'''
-- ===== src/Ledger/Inserts.antt =====
-- packages/core/src/belief_ledger_core/projections.py: the functions that insert the rows of a
-- record, with their checks that what it names belongs to its episode.
use Prim.Native.String.{String}
use belief_ledger_pramana.Prelude.{
  ℕ, suc, ◌+◌, Bool, true, false, ◌&&◌, ◌||◌, Option, none, some, List, [], ◌∷◌, map, any, find,
  on_option, select, not, ◌==◌, if◌then◌else◌,
}
use text.Mathlib.Text.{◌==◌ as str_eq}
use belief_ledger_pramana.Models.{
  Belief, ComponentVerdict, Conflict, DefeatEdge, Episode, Evidence, EvidenceRef, IngestionSupport,
  Justification, LlmUsage, RenderedBelief, RetractionNotice, Source, Status, VerificationTask,
  method_rank, same_task_state, source_kind_rank,
}
use belief_ledger_pramana.Ledger.Results.{Error, Result, ok, ◌>>=◌, ◌>>◌, require, each}
use belief_ledger_pramana.Ledger.Events.{Ports}
use belief_ledger_pramana.Ledger.Tables.{
  BeliefRow, BeliefEvidenceRow, PremiseRow, FtsRow, Tables, Entity, entity_in_episode, same_id,
  insert, source_entity, evidence_entity, belief_entity, support_entity, justification_entity,
  defeat_entity, task_entity, conflict_entity, retraction_entity,
}

-- `_require_entity_episode`
abbrev pub require_entity_episode : {A : Type 0} ⦃e : Entity A⦄ → List A → ℕ → ℕ → Result (Unit {0})
require_entity_episode rows identifier episode_id =
    require (entity_in_episode rows identifier episode_id) Error.foreign_record

unfoldable pub require_beliefs : List ℕ → ℕ → List BeliefRow → Result (Unit {0})
unfolding each
require_beliefs identifiers episode_id rows =
    each (λ b _. require_entity_episode rows b episode_id) identifiers tt

unfoldable pub insert_episode : Episode → Tables → Result Tables
insert_episode r t = do
  rows ← insert (λ x y. (x.id == y.id) || (x.key == y.key)) r t.episodes
  ok (record t { episodes = rows })

-- `UNIQUE(episode_id, root, kind)`
abbrev pub same_source : Source → Source → Bool
same_source x y =
    (x.episode_id == y.episode_id)
    && str_eq x.root y.root
    && (source_kind_rank x.kind == source_kind_rank y.kind)

unfoldable pub insert_source : Source → Tables → Result Tables
insert_source r t = do
  rows ← insert (λ x y. same_id x y || same_source x y) r t.sources
  ok (record t { sources = rows })

unfoldable pub insert_evidence : Evidence → Tables → Result Tables
insert_evidence r t = do
  require_entity_episode t.sources r.source_id r.episode_id
  rows ← insert same_id r t.evidence
  ok (record t { evidence = rows })

-- `PRIMARY KEY(belief_id, evidence_id, span_json)`, in which two `NULL`s differ.
abbrev pub same_span : Option (ℕ × ℕ) → Option (ℕ × ℕ) → Bool
same_span (some (a, b)) (some (c, d)) = (a == c) && (b == d)
same_span _ _ = false

abbrev pub same_reference : BeliefEvidenceRow → BeliefEvidenceRow → Bool
same_reference x y =
    (x.belief_id == y.belief_id) && (x.evidence_id == y.evidence_id) && same_span x.span y.span

unfoldable pub insert_reference : ℕ → EvidenceRef → Tables → Result Tables
insert_reference belief_id ref t = do
  rows ←
      insert same_reference
        (record { belief_id = belief_id; evidence_id = ref.evidence_id; span = ref.span })
        t.belief_evidence
  ok (record t { belief_evidence = rows })

abbrev pub same_premise : PremiseRow → PremiseRow → Bool
same_premise x y = (x.justification_id == y.justification_id) && (x.ordinal == y.ordinal)

-- `for ordinal, premise in enumerate(...)`
unfoldable pub insert_premises : ℕ → ℕ → List ℕ → Tables → Result Tables
insert_premises justification_id ordinal [] t = ok t
insert_premises justification_id ordinal (p ∷ ps) t =
    insert same_premise
      (record { justification_id = justification_id; ordinal = ordinal; premise_belief_id = p })
      t.premises
    >>= λ rows. insert_premises justification_id (suc ordinal) ps (record t { premises = rows })

unfoldable pub insert_justification : ℕ → Justification → Tables → Result Tables
insert_justification episode_id r t = do
  require_entity_episode t.beliefs r.belief_id episode_id
  require_beliefs r.premises episode_id t.beliefs
  rows ←
      insert same_id
        (record {
          id = r.id;
          episode_id = episode_id;
          belief_id = r.belief_id;
          warrant = r.warrant;
          audit = r.audit;
          alternatives = r.alternatives;
        })
        t.justifications
  insert_premises r.id 0 r.premises (record t { justifications = rows })

-- `_fts_replace`, which does nothing where there is no such table.
abbrev pub fts_replace : Bool → ℕ → ℕ → Status → String → List FtsRow → List FtsRow
fts_replace has_fts belief_id episode_id status content rows =
    if has_fts
    then (record {
      belief_id = belief_id;
      episode_id = episode_id;
      status = status;
      content = content;
    })
      ∷ select (λ x. not (x.belief_id == belief_id)) rows
    else rows

abbrev pub same_root : Option String → Option String → Bool
same_root (some a) (some b) = str_eq a b
same_root none none = true
same_root _ _ = false

abbrev pub source_root : ℕ → List Source → Option String
source_root source_id rows = on_option (find (λ s. s.id == source_id) rows) none (λ s. some s.root)

abbrev pub belief_row : Belief → ℕ → BeliefRow
belief_row r fingerprint = record {
  id = r.id;
  episode_id = r.episode_id;
  content = r.content;
  normalized_content = r.normalized_content;
  content_fingerprint = fingerprint;
  pramana = r.pramana;
  source_id = r.source_id;
  qualifiers = r.qualifiers;
  perishability = r.perishability;
  observed_at = r.observed_at;
  stakes = r.stakes;
  status = r.status;
  admission_status = r.admission_status;
  domain = r.domain;
  confidence = r.confidence;
  corroboration = r.corroboration;
  validity = r.validity;
}

-- The rows of `source_roots` and `content_fingerprints` of a belief.
unfoldable pub insert_provenance : Belief → Option ℕ → ℕ → Tables → Result Tables
insert_provenance r transport fingerprint t = do
  let root = source_root r.source_id t.sources
  roots ←
      insert
        (λ x y.
          (x.episode_id == y.episode_id) && (x.belief_id == y.belief_id) && same_root x.root y.root)
        (record { episode_id = r.episode_id; belief_id = r.id; root = root; transport = transport })
        t.source_roots
  prints ←
      insert (λ x y. (x.episode_id == y.episode_id) && (x.belief_id == y.belief_id))
        (record {
          episode_id = r.episode_id;
          belief_id = r.id;
          source_root = root;
          fingerprint = fingerprint;
        })
        t.fingerprints
  ok (record t { source_roots = roots; fingerprints = prints })

unfoldable pub insert_belief : Ports → Belief → Option ℕ → Tables → Result Tables
insert_belief ports r transport t = do
  require_entity_episode t.sources r.source_id r.episode_id
  each (λ ref _. require_entity_episode t.evidence ref.evidence_id r.episode_id) r.evidence tt
  let fingerprint = ports.content_hash r.normalized_content
  rows ← insert same_id (belief_row r fingerprint) t.beliefs
  referenced ← each (insert_reference r.id) r.evidence (record t { beliefs = rows })
  justified ← each (insert_justification r.episode_id) r.justifications referenced
  placed ← insert_provenance r transport fingerprint justified
  ok (record placed {
    fts = fts_replace ports.has_fts r.id r.episode_id r.status r.content placed.fts;
  })

unfoldable pub insert_support : IngestionSupport → Tables → Result Tables
insert_support r t = do
  require_entity_episode t.beliefs r.belief_id r.episode_id
  require_entity_episode t.evidence r.evidence_id r.episode_id
  rows ← insert same_id r t.supports
  ok (record t { supports = rows })

unfoldable pub insert_defeat : DefeatEdge → Tables → Result Tables
insert_defeat r t = do
  require_entity_episode t.beliefs r.attacker r.episode_id
  require
      (entity_in_episode t.beliefs r.target r.episode_id
        || entity_in_episode t.justifications r.target r.episode_id)
      Error.foreign_record
  rows ← insert same_id r t.defeats
  ok (record t { defeats = rows })

-- `UNIQUE(episode_id, belief_id, method, state)`
abbrev pub same_task : VerificationTask → VerificationTask → Bool
same_task x y =
    (x.episode_id == y.episode_id)
    && (x.belief_id == y.belief_id)
    && (method_rank x.method == method_rank y.method)
    && same_task_state x.state y.state

unfoldable pub insert_task : VerificationTask → Tables → Result Tables
insert_task r t = do
  require_entity_episode t.beliefs r.belief_id r.episode_id
  rows ← insert (λ x y. same_id x y || same_task x y) r t.verification_tasks
  ok (record t { verification_tasks = rows })

-- `UNIQUE(episode_id, left_belief_id, right_belief_id, state)`
abbrev pub same_flag : Bool → Bool → Bool
same_flag true b = b
same_flag false b = not b

abbrev pub same_conflict : Conflict → Conflict → Bool
same_conflict x y =
    (x.episode_id == y.episode_id)
    && (x.left_belief_id == y.left_belief_id)
    && (x.right_belief_id == y.right_belief_id)
    && same_flag x.open_state y.open_state

unfoldable pub insert_conflict : Conflict → Tables → Result Tables
insert_conflict r t = do
  require_entity_episode t.beliefs r.left_belief_id r.episode_id
  require_entity_episode t.beliefs r.right_belief_id r.episode_id
  require_entity_episode t.verification_tasks r.verification_task_id r.episode_id
  rows ← insert (λ x y. same_id x y || same_conflict x y) r t.conflicts
  ok (record t { conflicts = rows })

unfoldable pub insert_retraction : RetractionNotice → Tables → Result Tables
insert_retraction r t = do
  require_entity_episode t.beliefs r.defeated_belief_id r.episode_id
  require_beliefs r.descendants r.episode_id t.beliefs
  rows ← insert same_id r t.retractions
  ok (record t { retractions = rows })

abbrev pub same_rendering : RenderedBelief → RenderedBelief → Bool
same_rendering x y =
    (x.episode_id == y.episode_id) && (x.belief_id == y.belief_id) && (x.request_id == y.request_id)

-- One turn of the loop of `_context_compiled`, with its `INSERT OR IGNORE`.
unfoldable pub insert_rendered : ℕ → RenderedBelief → Tables → Result Tables
insert_rendered episode_id r t = do
  require_entity_episode t.beliefs r.belief_id episode_id
  let row : RenderedBelief = record r { episode_id = episode_id }
  ok (if any (same_rendering row) t.rendered then t else record t { rendered = row ∷ t.rendered })

unfoldable pub insert_verdict : ComponentVerdict → Tables → Result Tables
insert_verdict r t = do
  on_option r.belief_id (ok tt) (λ b. require_entity_episode t.beliefs b r.episode_id)
  rows ← insert (λ x y. x.id == y.id) r t.verdicts
  ok (record t { verdicts = rows })

abbrev pub add_usage : LlmUsage → Episode → Episode
add_usage r x = record x {
  llm_calls_used = x.llm_calls_used + 1;
  input_tokens_used = x.input_tokens_used + r.input_tokens;
  output_tokens_used = x.output_tokens_used + r.output_tokens;
}

unfoldable pub insert_usage : LlmUsage → Tables → Result Tables
insert_usage r t = do
  rows ← insert (λ x y. x.id == y.id) r t.llm_usage
  ok (record t {
    llm_usage = rows;
    episodes = map (λ x. if x.id == r.episode_id then add_usage r x else x) t.episodes;
  })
'''
> _Exercise aim_
In the material above, how many lines include the word "ordinal"? Answer with the number only.

> _Solution for this task_
6